Toward the end of 2019, three Chinese universities made international headlines for an event that some deemed a matter of semantics and others saw as an encroachment on the fundamental rights of students and teachers. On December 17, the Chinese Education Ministry announced that it had approved new charters for Shaanxi Normal University, Nanjing University, and Fudan University. Prompting both outside observers and members of the universities to raise concerns about academic freedom, the new charters now include more language that insists on loyalty to the Chinese Communist Party (CCP).

Although a great number of revisions were made in the university charters, the change most highlighted on Chinese social media and by foreign media outlets was the Fudan charter’s removal of “思想自由” (freedom of thought). The coverage has focused on Fudan in part because many see it as an unexpected move for that school in particular. Not only one of the country’s most prestigious institutions, Fudan is known to be liberal for a university operating in China. According to the Hong Kong Free Press, Fudan’s student body is “proud of its reputation for relative academic freedom.”

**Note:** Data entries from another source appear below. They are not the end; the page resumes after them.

-- ===== src/Relay/Candidates/Ranking.antt =====
-- `RelayRanking`: the comparison of candidates is an order, and ranking sorts by it.
use Prim.Native.Nat.{compare, Ordering}
use mathlib.Core.List.{Perm}
use real_layer.Base.Bytes.{Bytes}
use real_layer.Base.Text.{as_bytes}
use real_layer.Base.{ℕ, ◌≡◌, ◌≢◌, ◌<◌, ◌≤◌, List, [], ◌∷◌, arith, All, All-weaken}
use real_layer.Network.Session.Primitives.{Primitives}
use real_layer.Relay.Candidates.{
  Addresses, RelayCandidate, then_with, compare_bytes, compare_candidates, rank, health_rank,
  status_rank, latency_rank, freshness_rank, duration_since, duration_max, sort_by,
}
use real_layer.Relay.Candidates.Precedence.{Before, compare_candidates-Before}
use real_layer.Relay.Candidates.Order.{IsOrder, IsSorted, sort_by-IsSorted, sort_by-perm}

-- A first criterion that rises, before others.
then_with-total :
    (m n : ℕ) (o o' : Ordering)
    → (o ≡ Ordering.gt → o' ≢ Ordering.gt)
    → then_with (compare m n) o ≡ Ordering.gt
    → then_with (compare n m) o' ≢ Ordering.gt
unfolding then_with
then_with-total m n o o' h e e' = ground arith

then_with_trans :
    (m n k : ℕ) (o o' o'' : Ordering)
    → (o ≢ Ordering.gt → o' ≢ Ordering.gt → o'' ≢ Ordering.gt)
    → then_with (compare m n) o ≢ Ordering.gt
    → then_with (compare n k) o' ≢ Ordering.gt
    → then_with (compare m k) o'' ≢ Ordering.gt
unfolding then_with
then_with_trans m n k o o' o'' h e e' e'' = ground arith

compare_bytes-total :
    (xs ys : Bytes) → compare_bytes xs ys ≡ Ordering.gt → compare_bytes ys xs ≢ Ordering.gt
unfolding compare_bytes
compare_bytes-total [] [] h e = ground arith
compare_bytes-total [] (y ∷ ys) h e = ground arith
compare_bytes-total (x ∷ xs) [] h e = ground arith
compare_bytes-total (x ∷ xs) (y ∷ ys) h e =
    then_with-total x y (compare_bytes xs ys) (compare_bytes ys xs) (compare_bytes-total xs ys) h e

compare_bytes_trans :
    (xs ys zs : Bytes)
    → compare_bytes xs ys ≢ Ordering.gt
    → compare_bytes ys zs ≢ Ordering.gt
    → compare_bytes xs zs ≢ Ordering.gt
unfolding compare_bytes
compare_bytes_trans [] ys [] h h' e = ground arith
compare_bytes_trans [] ys (z ∷ zs) h h' e = ground arith
compare_bytes_trans (x ∷ xs) [] zs h h' e = ground arith
compare_bytes_trans (x ∷ xs) (y ∷ ys) [] h h' e = ground arith
compare_bytes_trans (x ∷ xs) (y ∷ ys) (z ∷ zs) h h' e =
    then_with_trans x y z (compare_bytes xs ys) (compare_bytes ys zs) (compare_bytes xs zs)
      (compare_bytes_trans xs ys zs) h h' e

-- The reversed criteria: the greater rank comes first.
then_with-trans_down :
    (m n k : ℕ) (o o' o'' : Ordering)
    → (o ≢ Ordering.gt → o' ≢ Ordering.gt → o'' ≢ Ordering.gt)
    → then_with (compare n m) o ≢ Ordering.gt
    → then_with (compare k n) o' ≢ Ordering.gt
    → then_with (compare k m) o'' ≢ Ordering.gt
unfolding then_with
then_with-trans_down m n k o o' o'' h e e' e'' = ground arith

module _ (lib : Primitives) (addresses : Addresses) where
  open lib use {PeerId}
  open addresses use {Multiaddr}

  abbrev pub Candidate : Type 0
  Candidate = RelayCandidate PeerId Multiaddr

  abbrev id_bytes : Candidate → Bytes
  id_bytes c = as_bytes (lib.to_string c.peer_id)

  pub compare_candidates-IsOrder : (now : ℕ) → IsOrder (compare_candidates lib addresses now)
  unfolding compare_candidates
  compare_candidates-IsOrder now = record {
    total = λ x y. then_with-total (health_rank y.health) (health_rank x.health) _ _ (
        then_with-total (status_rank y.status) (status_rank x.status) _ _ (
          then_with-total (latency_rank x.latency) (latency_rank y.latency) _ _ (
            then_with-total (freshness_rank y.last_seen now) (freshness_rank x.last_seen now) _ _
              (compare_bytes-total (id_bytes x) (id_bytes y)))));
    trans = λ x y z.
        then_with-trans_down (health_rank x.health) (health_rank y.health) (health_rank z.health) _
          _ _
          (then_with-trans_down (status_rank x.status) (status_rank y.status) (status_rank z.status)
            _ _ _
            (then_with_trans (latency_rank x.latency) (latency_rank y.latency)
              (latency_rank z.latency) _ _ _
              (then_with-trans_down (freshness_rank x.last_seen now)
                (freshness_rank y.last_seen now) (freshness_rank z.last_seen now) _ _ _
                (compare_bytes_trans (id_bytes x) (id_bytes y) (id_bytes z)))));
  }

  -- Each candidate may stand before all that come after it.
  abbrev pub IsRanked : (now : ℕ) → List Candidate → Type 0
  IsRanked now [] = Unit
  IsRanked now (c ∷ cs) = All (Before lib addresses now c) cs × IsRanked now cs

  IsSorted-IsRanked :
      (now : ℕ) (cs : List Candidate)
      → now < duration_max
      → IsSorted (compare_candidates lib addresses now) cs
      → IsRanked now cs
  IsSorted-IsRanked now [] small h = tt
  IsSorted-IsRanked now (c ∷ cs) small h = (
    All-weaken (λ d. compare_candidates-Before lib addresses now c d small) cs h.0,
    IsSorted-IsRanked now cs small h.1,
  )

  -- Ranking keeps all candidates. It puts healthier ones first; of those that are as healthy, the ones
  -- that are online; of those the ones with less latency, a missing one counting as 2 ^ 64 - 1
  -- seconds; of those the ones that were seen longer ago, an instant in the future counting as longest
  -- ago, where docs/architecture.md has newer timestamps first; and of those the ones whose peer has
  -- the lesser name. The clock reads less than 2 ^ 64 - 1 seconds.
  pub rank-IsSorted :
      (candidates : List Candidate) (now : ℕ)
      → now < duration_max
      → IsRanked now (rank lib addresses candidates now)
        × Perm (rank lib addresses candidates now) candidates
  unfolding rank
  rank-IsSorted candidates now small = (
    IsSorted-IsRanked now (sort_by (compare_candidates lib addresses now) candidates) small (
        sort_by-IsSorted (compare_candidates lib addresses now) (compare_candidates-IsOrder now)
          candidates),
    sort_by-perm (compare_candidates lib addresses now) candidates,
  )

  -- Of two candidates that are alike in health, status and latency, the one that was seen longer ago
  -- goes first.
  compare_candidates-stale :
      (now : ℕ) (x y : Candidate)
      → x.health ≡ y.health
      → x.status ≡ y.status
      → x.latency ≡ y.latency
      → x.last_seen < y.last_seen
      → y.last_seen ≤ now
      → compare_candidates lib addresses now x y ≡ Ordering.lt
  unfolding compare_candidates then_with freshness_rank duration_since
  compare_candidates-stale now x y health status latency older past =
      rw (health, status, latency) (ground arith)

The reach of the CCP, China’s sole governing party, has increased across China's society since leader Xi Jinping came to absolute power in 2012. In addition to the removal of “freedom of thought,” over 40 revisions were made to Fudan’s charter—many of which involve the addition of more bureaucratic, Partycentered language. In line with Xi Jinping’s goal of increasing Party influence, certain sentences that previously suggested institutional independence were changed. The word “independently” was removed from the sentences “the school independently and autonomously runs the university” and “teachers and students independently and autonomously conduct academic studies while abiding with the law.” In another significant, but predictable, revision, the charter now states that the university must “equip its teachers and employees” with “Xi Jinping Thought.” This political theory, developed by the Chinese leader, was enshrined in the Party constitution in 2017.

The charter changes are part of a greater trend in recent years signaling the Party’s increased omnipresence in civil society. Over the last few decades, but especially since 2012, Chinese universities have not operated with academic freedom. The charters' claims of the opposite do not reflect reality—they are more like aspirational mission statements. In China, there are often wide gaps between what is happening on paper and what is happening in real life: the Party insists on being referred to as communist, for example, despite the Chinese economy’s blatant capitalism. With the CCP’s tightening control over Chinese academic life, the fiction of academic freedom has become too inaccurate to maintain. The active decision to remove the aspirational character of the charters makes explicit the intellectual repression that has been obvious for a long time.

+++ Virtual and physical forms of resistance to the charter revisions were quickly stifled. On December 18, a day after the revisions were announced, a small group of Fudan students gathered in the university’s cafeteria to sing the school’s official anthem in protest of the changes. The initial charter’s heavily discussed term “freedom of thought” originally came from this anthem’s lyrics. Although fewer than 25 students showed up, the group received widespread recognition and support from Chinese citizens after a video of the protest was posted online.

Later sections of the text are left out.